当事業年度は、2019年3月末で終了した消費税の経過措置や度重なる大型台風の被害の影響が残るなか、例年3月に売上計上が集中する時期において、新型コロナウイルスの感染急拡大により当社事業活動に深刻な影響が生じたこと等により、売上高は890,190千円(修正計画比20.9%減)となりました。
(2) 経営者の視点による経営成績等の状況に関する分析・検討内容
経営者の視点による当社の経営成績等の状況に関する認識及び分析は次のとおりであります。
なお、文中の将来に関する事項は、当事業年度末現在において当社が判断したものであります。
① 当事業年度の経営成績等の状況に関する認識及び分析
当事業年度は、売上高1,280,000千円、営業利益51,000千円を経営目標として事業活動を行ってまいりましたが、第2四半期会計期間において取引先の倒産による債権等の回収不能が生じたこと等により、2019年11月7日に経営目標を売上高1,125,000千円、営業損失154,000千円に修正いたしました。
しかしながら、2019年3月末で終了した消費税の経過措置や度重なる大型台風の被害の影響が残るなか、例年3月に売上計上が集中する時期において、新型コロナウイルスの感染急拡大により当社事業活動に深刻な影響が生じたこと等により、当事業年度の売上高は890,190千円(修正計画比20.9%減)となりました。
また、営業損益においては、売上高の減少に加え加盟建設会社4社の倒産による保証サービスの発生や工事完成保証損失引当金繰入額等の販売費及び一般管理費の計上等により、営業損失は445,093千円となりました。
② 資本の財源及び資金の流動性
当社の資金需要の主なものは、運転資金と設備投資資金であります。
運転資金は、主に人件費、販売促進費、建物賃借料等の販売費及び一般管理費によるものであります。

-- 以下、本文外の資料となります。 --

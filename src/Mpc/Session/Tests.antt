-- ===== src/Mpc/Session/Tests.antt =====
-- An intent that comes in while one session is open and another is signed.
use shade.Shared.{String, ◌≡◌, refl, [], ◌∷◌}
use shade.Mpc.Session.{
  EncryptedShare, MpcIntent, CommitteeState, Now, signed, new_session, add_intent, find_open,
  get_or_create_open_session,
}

abbrev pub sealed : String → EncryptedShare
sealed node = record { node_id = node; ciphertext = "c"; nonce = "n"; sender_pubkey = "k" }

abbrev pub intent : String → String → String → MpcIntent
intent id input output = record {
  intent_id = id;
  user_id = "u";
  input_asset = input;
  output_asset = output;
  expiry_ledger = 9;
  policy_id = "p";
  note_nullifier = "nf";
  note_commitment = "nc";
  recipient_commitment = "rc";
  encrypted_shares = sealed "n1" ∷ sealed "n2" ∷ sealed "n3" ∷ [];
  submitted_at = 1;
}

abbrev two_sessions : CommitteeState
two_sessions = record {
  sessions =
      ("session-1", record (new_session "session-1" 1) { status = signed })
      ∷ ("session-2", new_session "session-2" 2)
      ∷ [];
  intent_to_session = [];
}

abbrev pub now : Now
now = record { printed = "3"; started_at = 3 }

joins : (add_intent two_sessions now (intent "i1" "USDC" "XLM")).0 ≡ "session-2"
unfolding add_intent get_or_create_open_session find_open
joins = refl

また、設備投資資金は基幹システムのソフトウエア開発に伴う設備資金等であります。
当社は、運転資金と設備投資資金については、自己資金及び営業活動によるキャッシュ・フローで充当する方針であります。
③ 重要な会計上の見積り及び当該見積りに用いた仮定
当社の財務諸表は、わが国において一般に公正妥当と認められる企業会計の基準に準拠して作成しております。
その財務諸表の作成するにあたって、経営者による会計方針の選択・適用、資産・負債および収益・費用の報告金額および開示に影響を与える見積りを必要としております。

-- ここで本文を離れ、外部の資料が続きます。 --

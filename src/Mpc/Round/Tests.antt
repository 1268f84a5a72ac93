-- ===== src/Mpc/Round/Tests.antt =====
-- A round of three nodes on two intents that meet, and one with a share too few.
use shade.Shared.{◌≡◌, refl, true, List, [], ◌∷◌, map, some, Nodup, ◌==◌, if◌then◌else◌}
use shade.Shared.Int.{◌-ℤ◌, ◌*ℤ◌}
use shade.Shared.Maps.{get, put}
use shade.Mpc.Matching.{MatchResult, match_intents, netted}
use shade.Mpc.Matching.Tests.{by_insertion}
use shade.Mpc.Shamir.{shamir_reconstruct}
use shade.Mpc.Batch.{SignedMatchBatch, node_public_info, sign_batch, verify_signed_batch}
use shade.Mpc.Batch.Tests.{toy, node, committee, publics-Nodup}
use shade.Mpc.Session.{SessionState, new_session, with_intent, store_shares, store_share}
use shade.Mpc.Session.Tests.{intent}
use shade.Mpc.Round.Defs.{BoxOpen, not_enough_shares, done, refused, sign_round, run_matching_round}
use shade.Mpc.Round.Outcome.{run_matching_round-verifies}

-- Shares of 7 by the line 7 + 5 x.
abbrev pub box_open : BoxOpen
box_open enc secret =
    if secret == "n1"
    then some (record { x = 1; y = 12 })
    else if secret == "n2"
    then some (record { x = 2; y = 17 })
    else some (record { x = 3; y = 22 })

abbrev session : SessionState
session =
    with_intent (intent "i2" "XLM" "USDC")
      (with_intent (intent "i1" "USDC" "XLM") (new_session "s" 1))

abbrev pub matches : List MatchResult
matches = match_intents by_insertion (
    record { intent_id = "i1"; amount7dp = 7; input_asset = "USDC"; output_asset = "XLM" }
    ∷ record { intent_id = "i2"; amount7dp = 7; input_asset = "XLM"; output_asset = "USDC" }
    ∷ [])

abbrev batch : SignedMatchBatch
batch = sign_round toy "b" "s" matches (map (sign_batch toy "b" matches) committee)

signs : (run_matching_round toy by_insertion "b" box_open session committee).1 ≡ done batch
unfolding run_matching_round put get store_shares store_share shamir_reconstruct ◌-ℤ◌ ◌*ℤ◌
signs = refl

short :
    (run_matching_round toy by_insertion "b" box_open session (node "n1" ∷ [])).1
    ≡ refused (not_enough_shares "i1")
unfolding run_matching_round put get store_shares store_share
short = refl

run_matching_round-verifies_example :
    (verify_signed_batch toy batch (map node_public_info committee) ≡ true)
    × Nodup (netted batch.matches)
run_matching_round-verifies_example =
    run_matching_round-verifies toy by_insertion "b" box_open session committee batch signs
      (refl, (refl, (refl, tt))) publics-Nodup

経営者は、これらの見積りについて過去の実績等を勘案し合理的に判断しておりますが、実際の結果は、見積り特有の不確実性があるため、これらの見積りと異なる場合があります。
当社の財務諸表で採用する重要な会計方針は、「第5 経理の状況 1 財務諸表等 (1)財務諸表 注記事項(重要な会計方針)に記載しておりますが、特に次の重要な会計方針が財務諸表作成における重要な見積りの判断に大きな影響を及ぼすと考えております。
① 貸倒引当金
当社は、債権の貸倒損失に備えるため、一般債権については貸倒実績率により、貸倒懸念債権等の特定の債権については個別に回収可能性を勘案し、回収不能見込額を計上しております。
将来、取引先の財務状況が悪化し支払い能力が低下した場合には、引当金の追加計上または貸倒損失が発生することにより、当社の業績または財政状態に影響を与える可能性があります。
② 工事完成保証損失引当金
当社は、完成保証による費用又は損失に備えるため、過去の完成保証実積率により計上しております。また、発生額を個別に見積もることができる費用については、当該計上額を計上しております。

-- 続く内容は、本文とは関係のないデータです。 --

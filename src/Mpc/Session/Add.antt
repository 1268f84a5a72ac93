-- ===== src/Mpc/Session/Add.antt =====
-- `addIntent` registers the intent in an open session, and disturbs no other session.
use shade.Shared.{
  String, ◌≡◌, ◌≢◌, refl, sym, ap, ◌∙◌, inl, inr, true, some, [], ◌∷◌, arith, eq_iff, Option-cases,
  Bool-cases,
}
use shade.Shared.Maps.{Assoc, get, put, get-put}
use shade.Mpc.Session.{
  MpcIntent, SessionState, CommitteeState, Status, opened, matching, signed, failed, Now, is_open,
  create_session, find_open, get_or_create_open_session, with_intent, add_intent, get_session,
  get_session_for_intent,
}

get-put_self : {V : Type 0} (k : String) (v : V) (m : Assoc V) → get k (put k v m) ≡ some v
get-put_self k v m = rw get-put (ground (arith, eq_iff k k))

get-put_ne : {V : Type 0} (k j : String) (v : V) (m : Assoc V) → k ≢ j → get j (put k v m) ≡ get j m
get-put_ne k j v m ne = rw get-put (ground (arith, eq_iff k j))

is_open-opened : (s : Status) → is_open s ≡ true → s ≡ opened
is_open-opened opened h = refl
is_open-opened matching h = cc
is_open-opened signed h = cc
is_open-opened failed h = cc

find_open-opened :
    (sessions : Assoc SessionState) (s : SessionState)
    → find_open sessions ≡ some s
    → s.status ≡ opened
unfolding find_open
find_open-opened [] s e = cc
find_open-opened ((k, t) ∷ sessions) s e = elim (Bool-cases (is_open t.status)) [
  | inl here ↦
      let same : t ≡ s = ground arith in
      ap (λ (u : SessionState). u.status) (sym same) ∙ is_open-opened t.status here
  | inr there ↦ find_open-opened sessions s (ground arith)
]

get_or_create-opened :
    (st : CommitteeState) (now : Now) → (get_or_create_open_session st now).0.status ≡ opened
unfolding get_or_create_open_session create_session
get_or_create-opened st now = elim (Option-cases (find_open st.sessions)) [
  | inl e ↦ rw (e, get_or_create_open_session) refl
  | inr (s, e) ↦ rw (e, get_or_create_open_session) (find_open-opened st.sessions s e)
]

-- After `addIntent` the intent's id leads to the session whose id was returned; that session is
-- open and holds the intent, and every session under another id is as it was before.
pub add_intent_lem :
    (st : CommitteeState) (now : Now) (i : MpcIntent)
    → let (id, after) = add_intent st now i in
      (s : SessionState) × (get_session_for_intent after i.intent_id ≡ some s)
      × (s.session_id ≡ id)
      × (s.status ≡ opened)
      × (get i.intent_id s.intents ≡ some i)
      × ((k : String) → id ≢ k → get_session after k ≡ get_session st k)
unfolding add_intent get_session_for_intent get_session
add_intent_lem st now i =
    let (s, st') = get_or_create_open_session st now in
    (
      with_intent i s,
      rw get-put_self (get-put_self s.session_id (with_intent i s) st'.sessions),
      refl,
      get_or_create-opened st now,
      get-put_self i.intent_id i s.intents,
      λ k ne. get-put_ne s.session_id k (with_intent i s) st'.sessions ne ∙ kept k ne,
    )
  where
    kept :
        (k : String)
        → (get_or_create_open_session st now).0.session_id ≢ k
        → get k (get_or_create_open_session st now).1.sessions ≡ get k st.sessions
    kept k ne = elim (Option-cases (find_open st.sessions)) [
      | inl e ↦
          rw (e, get_or_create_open_session)
            (get-put_ne _ k _ st.sessions (rw (e, get_or_create_open_session) at ne))
      | inr (t, e) ↦ rw (e, get_or_create_open_session) refl
    ]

当該保証に係る義務が発生した場合には、引当金の追加計上または工事完成保証損失が発生することにより、当社の業績または財政状態に影響を与える可能性があります。
なお、新型コロナウイルス感染症の影響については、収束時期及び今後の当社への業績への影響等は見通しが立てにくい状況でありますが、貸倒引当金の回収可能性の判断及び工事完成保証損失の発生可能性に関する判断に関しては、当事業年度末時点で入手可能な情報をもとに、検証を行っております。